What is Urinary Incontinence?
Urinary incontinence is loss of normal control of the bladder and involuntary loss of urine. For many people with urinary incontinence, it is an embarrassing problem that negatively impacts quality of life. There are many causes of urinary incontinence. Effective treatment is available for all types of urinary incontinence, but a comprehensive evaluation is needed prior to initiating therapy.
Urinary incontinence is more common in women than in men. Older women experience urinary incontinence more often than younger women. The probable cause for the higher incidence in women can be attributed to pregnancy and childbirth, menopause and the anatomic structure of the female urinary tract.
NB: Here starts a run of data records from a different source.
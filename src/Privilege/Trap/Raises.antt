-- ===== src/Privilege/Trap/Raises.antt =====
-- What a trap of sandbox/hart_trap.c leaves, and which level an exception or an interrupt goes to.
use native.Mathlib.Nat.{one-le-pow}
use hyrule.Prelude.{
  ℕ, ◌+◌, ◌-◌, ◌*◌, ◌/◌, ◌%◌, ◌^◌, ◌≤◌, ◌<◌, ◌≡◌, refl, ◌≢◌, ◌↔◌, ◌⊎◌, inl, inr, arith,
}
use hyrule.Prelude.{bit_and, true, Bool-cases, ◌&&◌}
use hyrule.Prelude.{ltb, leb, ◌==◌, if◌then◌else◌}
use hyrule.Prelude.Bits.{bit_and_mask, bit_and_power}
use hyrule.Prelude.Masks.{bit_and_align}
use hyrule.Prelude.Returns.{Returns, Returns-map}
use hyrule.Cache.Memory.{Array, store}
use hyrule.Privilege.{PrivilegedHart, IsLevel}
use hyrule.Privilege.Trap.{
  trap_vector, setup_mmode_trap, setup_smode_trap, raise_trap_raw, exception_target_privilege_level,
  raise_exception_internal,
}

-- After the RISC-V manual: the base, and for an interrupt in vectored mode four bytes for each
-- number below it.
abbrev pub handler_address : ℕ → ℕ → ℕ
handler_address tvec cause =
    if tvec % 2 == 1 && leb (2 ^ 31) cause
    then (tvec / 4 * 4 + (cause - 2 ^ 31) * 4) % 2 ^ 32
    else tvec / 4 * 4

trap_vector-handler_address :
    (tvec cause : ℕ)
    → tvec < 2 ^ 32
    → cause < 2 ^ 32
    → trap_vector tvec cause ≡ handler_address tvec cause
unfolding trap_vector
trap_vector-handler_address tvec cause fits cause_fits =
    let lowest : bit_and tvec 1 ≡ tvec % 2 = bit_and_mask 1 tvec in
    let top : bit_and cause 2147483648 ≡ cause / 2147483648 % 2 * 2147483648 =
      bit_and_power 31 cause in
    let number : bit_and cause 2147483647 ≡ cause % 2147483648 = bit_and_mask 31 cause in
    let base : bit_and tvec 4294967292 ≡ tvec / 4 * 4 = bit_and_align 2 30 tvec (omega arith) in
    rw (lowest, top, number, base) (ground arith)

-- The trap is taken at the level: its cause, value and return address stand in the level's CSRs, the
-- pc is the handler's, the registers are as they were and the translation cache is empty.
abbrev pub Traps : PrivilegedHart → ℕ → ℕ → ℕ → PrivilegedHart → Type 0
Traps h level cause tval next =
    (next.privilege_level ≡ level)
    × (next.csrs (256 * level + 0x42) ≡ cause)
    × (next.csrs (256 * level + 0x43) ≡ tval)
    × (next.csrs (256 * level + 0x41) ≡ h.pc)
    × (next.pc ≡ handler_address (h.csrs (256 * level + 0x05)) cause)
    × (next.registers ≡ h.registers)
    × (next.cache.nr_translated_instructions ≡ 0)

pub Traps-itself :
    (h : PrivilegedHart) (cause tval level : ℕ) (next : PrivilegedHart)
    → Traps h level cause tval next
    → Traps h next.privilege_level cause tval next
Traps-itself h cause tval level next (e, cause_is, value_is, from, to, same, emptied) =
    rw e (refl, cause_is, value_is, from, to, same, emptied)

-- Each CSR holds a word.
abbrev pub HoldsWords : Array ℕ → Type 0
HoldsWords csrs = (i : ℕ) → csrs i < 2 ^ 32

module _ (h : PrivilegedHart) (cause tval : ℕ) (words : HoldsWords h.csrs)
    (cause_fits : cause < 2 ^ 32) where
  pub raise_machine-Traps : Returns (raise_trap_raw h 3 cause tval) (Traps h 3 cause tval)
  unfolding raise_trap_raw setup_mmode_trap store
  raise_machine-Traps = (
    refl,
    refl,
    refl,
    refl,
    trap_vector-handler_address (h.csrs 0x305) cause (words 0x305) cause_fits,
    refl,
    refl,
  )

  pub raise_supervisor-Traps : Returns (raise_trap_raw h 1 cause tval) (Traps h 1 cause tval)
  unfolding raise_trap_raw setup_smode_trap store
  raise_supervisor-Traps = (
    refl,
    refl,
    refl,
    refl,
    trap_vector-handler_address (h.csrs 0x105) cause (words 0x105) cause_fits,
    refl,
    refl,
  )

-- The exception goes to the supervisor exactly if it comes from below the machine's level and its
-- bit in medeleg is set; it goes to no lower level than it comes from.
abbrev pub Excepts : PrivilegedHart → ℕ → ℕ → PrivilegedHart → Type 0
Excepts h cause tval next =
    ((next.privilege_level ≡ 1) ↔ ((h.privilege_level ≢ 3) × (h.csrs 0x302 / 2 ^ cause % 2 ≡ 1)))
    × (h.privilege_level ≤ next.privilege_level)
    × Traps h next.privilege_level cause tval next

bit_set : (k a : ℕ) → (bit_and a (2 ^ k) == 0) ≡ (a / 2 ^ k % 2 == 0)
bit_set k a = rw (bit_and_power k a) (elim (Bool-cases (a / 2 ^ k % 2 == 0)) [
  | inl clear ↦ let z : a / 2 ^ k % 2 ≡ 0 = ground arith in rw z (ground arith)
  | inr set ↦ let z : a / 2 ^ k % 2 ≡ 1 = ground arith in rw z (ground (arith, one-le-pow k 2))
])

module _ (h : PrivilegedHart) (cause tval : ℕ) (words : HoldsWords h.csrs)
    (level : IsLevel h.privilege_level) where
  exception_target-cases :
      (exception_target_privilege_level h cause ≡ 1)
        × (h.privilege_level ≢ 3)
        × (h.csrs 0x302 / 2 ^ cause % 2 ≡ 1)
      ⊎ (exception_target_privilege_level h cause ≡ 3)
        × ((h.privilege_level ≢ 3) × (h.csrs 0x302 / 2 ^ cause % 2 ≡ 1) → ⊥)
  unfolding exception_target_privilege_level
  exception_target-cases =
      rw (bit_set cause (h.csrs 0x302)) (elim (Bool-cases (h.privilege_level == 3)) [
        | inl machine ↦ rw machine (inr (refl, λ (below, set). below (ground arith)))
        | inr lower ↦ elim (Bool-cases (h.csrs 0x302 / 2 ^ cause % 2 == 0)) [
          | inl clear ↦ rw (lower, clear) (inr (refl, λ (below, set). ground arith))
          | inr set ↦ rw (lower, set) (inl (refl, λ e. ground arith, ground arith))
        ]
      ])

  -- In a hart at the user's, the supervisor's or the machine's level, whose CSRs hold words, with a
  -- cause below 16: the exception is raised, without a failed assertion. It goes to the supervisor
  -- exactly if it comes from below the machine's level and its bit in medeleg is set, else to the
  -- machine, and so never to a lower level than it comes from; that level's CSRs then hold the
  -- cause, the value and the pc, the pc is the handler's address, the registers are as they were,
  -- and the translation cache is empty.
  pub raise_exception_internal-Excepts :
      cause < 16 → Returns (raise_exception_internal h cause tval) (Excepts h cause tval)
  unfolding raise_exception_internal
  raise_exception_internal-Excepts small =
      let allowed : ltb cause 16 ≡ true = ground arith in
      rw allowed (elim exception_target-cases [
        | inl (e, below, set) ↦ rw e (
            Returns-map {P = Traps h 1 cause tval} {Q = Excepts h cause tval}
              (raise_trap_raw h 1 cause tval)
              (raise_supervisor-Traps h cause tval words (omega arith))
              (λ next traps. (
                (λ z. (below, set), λ z. traps.0),
                ground (arith, level, below, traps.0),
                Traps-itself h cause tval 1 next traps,
              )))
        | inr (e, not_delegated) ↦ rw e (
            Returns-map {P = Traps h 3 cause tval} {Q = Excepts h cause tval}
              (raise_trap_raw h 3 cause tval) (raise_machine-Traps h cause tval words (omega arith))
              (λ next traps. (
                (λ z. absurd (ground (arith, traps.0)), λ z. absurd (not_delegated z)),
                ground (arith, level, traps.0),
                Traps-itself h cause tval 3 next traps,
              )))
      ])
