-- ===== src/Privilege/Trap/Interrupts.antt =====
-- Which interrupts sandbox/hart_interrupt.c delivers, and what holds behind a delivery.
use hyrule.Prelude.{ℕ, ◌+◌, ◌^◌, ◌≤◌, ◌<◌, ◌≡◌, refl, ◌⊎◌, inl, inr, arith}
use hyrule.Prelude.{bit_or, true, false, some}
use hyrule.Prelude.{ltb}
use hyrule.Prelude.{sym, ap, ◌∙◌, some-injective}
use hyrule.Prelude.Bits.{bit_or_fields}
use hyrule.Prelude.Returns.{Returns, Returns-map, Returns-both}
use hyrule.Privilege.{PrivilegedHart}
use hyrule.Privilege.Trap.{
  setup_mmode_trap, setup_smode_trap, raise_trap_raw, target_of_vector,
  interrupt_target_privilege_level, is_window_open, is_interrupt_deliverable, deliver_interrupt,
}
use hyrule.Privilege.Trap.Raises.{
  Traps, Traps-itself, HoldsWords, raise_machine-Traps, raise_supervisor-Traps,
}

-- An interrupt goes to no lower level than it comes from, and no interrupt that goes to the level
-- can be delivered on top of it.
abbrev pub Interrupts : PrivilegedHart → ℕ → PrivilegedHart → Type 0
Interrupts h vector next =
    (h.privilege_level ≤ next.privilege_level)
    × Traps h next.privilege_level (2 ^ 31 + vector) 0 next
    × ((other : ℕ)
        → other < 12
        → target_of_vector next other ≡ next.privilege_level
        → is_interrupt_deliverable next other ≡ some false)

module _ (h : PrivilegedHart) (vector : ℕ) (words : HoldsWords h.csrs) (small : vector < 12) where
  abbrev Masks : ℕ → PrivilegedHart → Type 0
  Masks level next = ((level ≡ 3) × (next.status.mie ≡ 0)) ⊎ ((level ≡ 1) × (next.status.sie ≡ 0))

  target_at :
      (next : PrivilegedHart) (other : ℕ)
      → other < 12
      → interrupt_target_privilege_level next other ≡ some (target_of_vector next other)
  unfolding interrupt_target_privilege_level
  target_at next other lt = let allowed : ltb other 12 ≡ true = ground arith in rw allowed refl

  deliverable_at :
      (next : PrivilegedHart) (other target : ℕ)
      → other < 12
      → target_of_vector next other ≡ target
      → is_interrupt_deliverable next other ≡ some (is_window_open next other target)
  unfolding is_interrupt_deliverable
  deliverable_at next other target lt e =
      rw (is_interrupt_deliverable, target_at next other lt, e) refl

  Masks-closed :
      (next : PrivilegedHart) (level other : ℕ)
      → Masks level next
      → is_window_open next other level ≡ false
  unfolding is_window_open
  Masks-closed next level other (inl (e, masked)) = rw e (ground (arith, masked))
  Masks-closed next level other (inr (e, masked)) = rw e (ground (arith, masked))

  taken :
      (level : ℕ) (next : PrivilegedHart)
      → h.privilege_level ≤ level
      → Traps h level (2 ^ 31 + vector) 0 next
      → Masks level next
      → Interrupts h vector next
  taken level next up traps masks =
      let e = traps.0 in
      (
        rw e up,
        Traps-itself h (2 ^ 31 + vector) 0 level next traps,
        λ other lt same.
            deliverable_at next other level lt (same ∙ e)
            ∙ ap some (Masks-closed next level other masks),
      )

  raise_machine-Masks : (cause tval : ℕ) → Returns (raise_trap_raw h 3 cause tval) (Masks 3)
  unfolding raise_trap_raw setup_mmode_trap
  raise_machine-Masks cause tval = inl (refl, refl)

  raise_supervisor-Masks : (cause tval : ℕ) → Returns (raise_trap_raw h 1 cause tval) (Masks 1)
  unfolding raise_trap_raw setup_smode_trap
  raise_supervisor-Masks cause tval = inr (refl, refl)

  open_above : (target : ℕ) → is_window_open h vector target ≡ true → h.privilege_level ≤ target
  unfolding is_window_open
  open_above target is_open = ground arith

  target_cases : (target_of_vector h vector ≡ 1) ⊎ (target_of_vector h vector ≡ 3)
  unfolding target_of_vector
  target_cases = ground arith

  delivered :
      (target : ℕ)
      → target_of_vector h vector ≡ target
      → (target ≡ 1) ⊎ (target ≡ 3)
      → h.privilege_level ≤ target
      → Returns (raise_trap_raw h target (2 ^ 31 + vector) 0) (Interrupts h vector)
  delivered target e (inl supervisor) up = rw supervisor (
      Returns-map _
        (Returns-both (Traps h 1 (2 ^ 31 + vector) 0) (Masks 1)
          (raise_trap_raw h 1 (2 ^ 31 + vector) 0)
          (raise_supervisor-Traps h (2 ^ 31 + vector) 0 words (omega arith))
          (raise_supervisor-Masks (2 ^ 31 + vector) 0))
        (λ next both. taken 1 next (omega arith) both.0 both.1))
  delivered target e (inr machine) up = rw machine (
      Returns-map _
        (Returns-both (Traps h 3 (2 ^ 31 + vector) 0) (Masks 3)
          (raise_trap_raw h 3 (2 ^ 31 + vector) 0)
          (raise_machine-Traps h (2 ^ 31 + vector) 0 words (omega arith))
          (raise_machine-Masks (2 ^ 31 + vector) 0))
        (λ next both. taken 3 next (omega arith) both.0 both.1))

  -- In a hart whose CSRs hold words, an interrupt below 12 that is deliverable: it is delivered,
  -- without a failed assertion, to no lower level than it comes from, with its cause and the pc in
  -- that level's CSRs and the pc at the handler's address, that of the vector in vectored mode; and
  -- behind that no interrupt that goes to the same level is deliverable.
  pub deliver_interrupt-Interrupts :
      is_interrupt_deliverable h vector ≡ some true
      → Returns (deliver_interrupt h vector) (Interrupts h vector)
  unfolding deliver_interrupt
  deliver_interrupt-Interrupts is_open =
      let cause : bit_or 2147483648 vector ≡ 2147483648 + vector =
        bit_or_fields 31 1 vector (omega arith) in
      let window : some (is_window_open h vector (target_of_vector h vector)) ≡ some true =
        sym (deliverable_at h vector (target_of_vector h vector) small refl) ∙ is_open in
      rw (deliver_interrupt, target_at h vector small, cause)
        (delivered (target_of_vector h vector) refl target_cases
          (open_above (target_of_vector h vector) (some-injective _ _ window)))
Individuals with urge urinary incontinence may experience strong, sudden, urgent and uncontrollable need to urinate, frequent urination and also involuntary loss of urine. (overactive bladder). Women with stress incontinence leak with coughing, sneezing, lifting or other physical activities that place stress on the pelvic floor muscles.
Causes of Urinary incontinence
- Weak pelvic floor muscles
- Problems with the nerves that control urination
- Physiological conditions such as pregnancy, childbirth, weight gain or other conditions that stretch the pelvic floor muscles
- Overactive bladder muscle
- Weak bladder sphincter muscles
- Urinary tract infection
- Urinary retention, incomplete bladder emptying
- Constipation and impaction
- Bladder cancer or bladder stones
- Neurological disorders
Types of Urinary Incontinence
Urinary incontinence can be categorized into five basic types depending on the symptoms:
- Stress Incontinence
- Urge Incontinence
- Overflow Incontinence
- Functional Incontinence
- Mixed Incontinence
- Stress Incontinence: Leakage of small amounts of urine during physical activity such as coughing, sneezing, lifting heavy objects, and straining, which suddenly increases the pressure within the abdomen.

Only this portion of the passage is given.